**Data provided**
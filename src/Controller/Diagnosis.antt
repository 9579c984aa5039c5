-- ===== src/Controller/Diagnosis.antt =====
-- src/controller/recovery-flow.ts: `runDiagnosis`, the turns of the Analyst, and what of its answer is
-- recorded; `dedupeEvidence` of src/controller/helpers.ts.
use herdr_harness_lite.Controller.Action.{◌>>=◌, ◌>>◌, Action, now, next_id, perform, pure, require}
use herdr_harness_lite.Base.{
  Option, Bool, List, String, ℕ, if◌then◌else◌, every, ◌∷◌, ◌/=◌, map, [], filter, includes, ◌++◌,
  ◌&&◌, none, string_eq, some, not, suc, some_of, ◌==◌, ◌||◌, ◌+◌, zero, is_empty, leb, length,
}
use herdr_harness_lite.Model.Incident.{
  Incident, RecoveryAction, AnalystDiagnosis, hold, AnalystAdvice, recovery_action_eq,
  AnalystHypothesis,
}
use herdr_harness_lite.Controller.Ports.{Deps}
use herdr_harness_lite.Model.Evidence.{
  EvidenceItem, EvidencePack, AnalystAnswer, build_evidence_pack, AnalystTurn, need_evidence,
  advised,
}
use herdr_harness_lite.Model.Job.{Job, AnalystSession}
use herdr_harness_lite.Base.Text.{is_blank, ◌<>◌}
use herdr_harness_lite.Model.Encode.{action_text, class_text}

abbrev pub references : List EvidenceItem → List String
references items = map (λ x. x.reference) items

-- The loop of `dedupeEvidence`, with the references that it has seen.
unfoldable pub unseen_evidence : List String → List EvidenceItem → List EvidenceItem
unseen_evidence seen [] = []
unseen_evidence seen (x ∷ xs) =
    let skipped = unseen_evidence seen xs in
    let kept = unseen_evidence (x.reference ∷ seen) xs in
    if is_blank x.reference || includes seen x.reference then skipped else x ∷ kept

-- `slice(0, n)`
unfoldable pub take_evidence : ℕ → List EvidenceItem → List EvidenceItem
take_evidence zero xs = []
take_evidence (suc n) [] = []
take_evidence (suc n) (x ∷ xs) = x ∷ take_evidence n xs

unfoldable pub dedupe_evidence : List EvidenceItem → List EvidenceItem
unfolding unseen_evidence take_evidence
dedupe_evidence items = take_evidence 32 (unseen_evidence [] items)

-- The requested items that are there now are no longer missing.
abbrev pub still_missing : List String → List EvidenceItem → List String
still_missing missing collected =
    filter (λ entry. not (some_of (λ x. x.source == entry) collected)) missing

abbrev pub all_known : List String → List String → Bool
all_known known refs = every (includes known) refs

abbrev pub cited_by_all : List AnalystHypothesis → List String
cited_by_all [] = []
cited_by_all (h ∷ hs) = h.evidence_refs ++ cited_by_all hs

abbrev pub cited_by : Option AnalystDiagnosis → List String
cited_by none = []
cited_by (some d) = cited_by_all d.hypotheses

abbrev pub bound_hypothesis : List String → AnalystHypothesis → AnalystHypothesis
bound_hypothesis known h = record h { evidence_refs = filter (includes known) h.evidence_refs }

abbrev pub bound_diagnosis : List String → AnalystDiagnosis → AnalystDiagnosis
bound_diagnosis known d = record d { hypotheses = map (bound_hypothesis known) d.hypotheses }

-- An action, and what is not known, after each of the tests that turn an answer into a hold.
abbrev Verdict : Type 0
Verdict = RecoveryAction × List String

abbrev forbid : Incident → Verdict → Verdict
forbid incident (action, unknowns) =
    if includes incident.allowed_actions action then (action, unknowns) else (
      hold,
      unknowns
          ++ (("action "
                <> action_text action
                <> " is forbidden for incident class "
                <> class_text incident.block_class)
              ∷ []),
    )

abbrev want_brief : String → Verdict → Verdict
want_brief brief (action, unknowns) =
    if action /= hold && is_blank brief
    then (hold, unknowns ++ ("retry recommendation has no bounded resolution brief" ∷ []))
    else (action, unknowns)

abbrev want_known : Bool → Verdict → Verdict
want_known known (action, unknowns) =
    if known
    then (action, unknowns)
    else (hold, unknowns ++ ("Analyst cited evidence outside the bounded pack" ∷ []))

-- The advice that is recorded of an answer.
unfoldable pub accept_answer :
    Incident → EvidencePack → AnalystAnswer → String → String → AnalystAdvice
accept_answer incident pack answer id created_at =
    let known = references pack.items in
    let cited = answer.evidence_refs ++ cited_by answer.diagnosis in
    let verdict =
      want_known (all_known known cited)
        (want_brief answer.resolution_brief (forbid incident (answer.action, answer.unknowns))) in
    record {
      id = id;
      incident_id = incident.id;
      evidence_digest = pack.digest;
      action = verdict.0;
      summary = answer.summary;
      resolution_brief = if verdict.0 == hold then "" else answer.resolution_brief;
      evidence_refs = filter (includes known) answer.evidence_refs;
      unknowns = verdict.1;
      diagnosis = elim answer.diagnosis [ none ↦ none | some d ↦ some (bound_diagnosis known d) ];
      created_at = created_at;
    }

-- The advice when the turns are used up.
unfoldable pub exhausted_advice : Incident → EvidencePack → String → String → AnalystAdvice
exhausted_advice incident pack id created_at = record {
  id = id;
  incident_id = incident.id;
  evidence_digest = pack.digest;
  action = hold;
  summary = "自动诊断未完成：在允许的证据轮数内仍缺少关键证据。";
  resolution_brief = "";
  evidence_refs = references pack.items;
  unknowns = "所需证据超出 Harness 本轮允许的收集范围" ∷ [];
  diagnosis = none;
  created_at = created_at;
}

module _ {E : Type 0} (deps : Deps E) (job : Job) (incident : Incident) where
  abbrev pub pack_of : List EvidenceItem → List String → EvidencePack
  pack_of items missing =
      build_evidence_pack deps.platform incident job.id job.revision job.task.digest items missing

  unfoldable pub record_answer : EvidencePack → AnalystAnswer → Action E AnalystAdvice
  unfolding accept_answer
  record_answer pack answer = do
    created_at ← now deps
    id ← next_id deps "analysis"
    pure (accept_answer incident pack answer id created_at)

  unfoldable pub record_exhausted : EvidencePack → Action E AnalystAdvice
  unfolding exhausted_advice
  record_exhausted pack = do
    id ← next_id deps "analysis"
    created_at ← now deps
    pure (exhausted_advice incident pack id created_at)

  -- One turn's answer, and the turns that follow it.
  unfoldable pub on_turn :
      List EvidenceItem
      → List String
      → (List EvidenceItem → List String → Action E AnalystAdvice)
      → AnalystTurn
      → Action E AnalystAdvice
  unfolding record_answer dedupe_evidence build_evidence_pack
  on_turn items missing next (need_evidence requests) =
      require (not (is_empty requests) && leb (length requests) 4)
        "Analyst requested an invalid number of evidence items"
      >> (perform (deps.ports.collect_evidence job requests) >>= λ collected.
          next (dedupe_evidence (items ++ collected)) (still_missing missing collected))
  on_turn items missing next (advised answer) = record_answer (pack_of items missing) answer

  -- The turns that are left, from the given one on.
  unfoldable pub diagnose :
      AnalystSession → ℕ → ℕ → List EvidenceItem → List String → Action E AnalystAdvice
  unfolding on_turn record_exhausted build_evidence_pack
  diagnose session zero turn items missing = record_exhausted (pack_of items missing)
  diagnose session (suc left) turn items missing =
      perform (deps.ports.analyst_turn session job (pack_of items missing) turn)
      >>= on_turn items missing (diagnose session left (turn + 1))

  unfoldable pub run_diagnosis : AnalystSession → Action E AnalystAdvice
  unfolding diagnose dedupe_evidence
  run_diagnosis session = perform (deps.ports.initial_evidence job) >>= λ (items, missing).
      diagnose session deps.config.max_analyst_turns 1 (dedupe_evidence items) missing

**Task statement**
Write out exactly the lines from the line containing "require (not (is_empty" to the end of the listing above, both included, and nothing else.

**Task output**
      require (not (is_empty requests) && leb (length requests) 4)
        "Analyst requested an invalid number of evidence items"
      >> (perform (deps.ports.collect_evidence job requests) >>= λ collected.
          next (dedupe_evidence (items ++ collected)) (still_missing missing collected))
  on_turn items missing next (advised answer) = record_answer (pack_of items missing) answer

  -- The turns that are left, from the given one on.
  unfoldable pub diagnose :
      AnalystSession → ℕ → ℕ → List EvidenceItem → List String → Action E AnalystAdvice
  unfolding on_turn record_exhausted build_evidence_pack
  diagnose session zero turn items missing = record_exhausted (pack_of items missing)
  diagnose session (suc left) turn items missing =
      perform (deps.ports.analyst_turn session job (pack_of items missing) turn)
      >>= on_turn items missing (diagnose session left (turn + 1))

  unfoldable pub run_diagnosis : AnalystSession → Action E AnalystAdvice
  unfolding diagnose dedupe_evidence
  run_diagnosis session = perform (deps.ports.initial_evidence job) >>= λ (items, missing).
      diagnose session deps.config.max_analyst_turns 1 (dedupe_evidence items) missing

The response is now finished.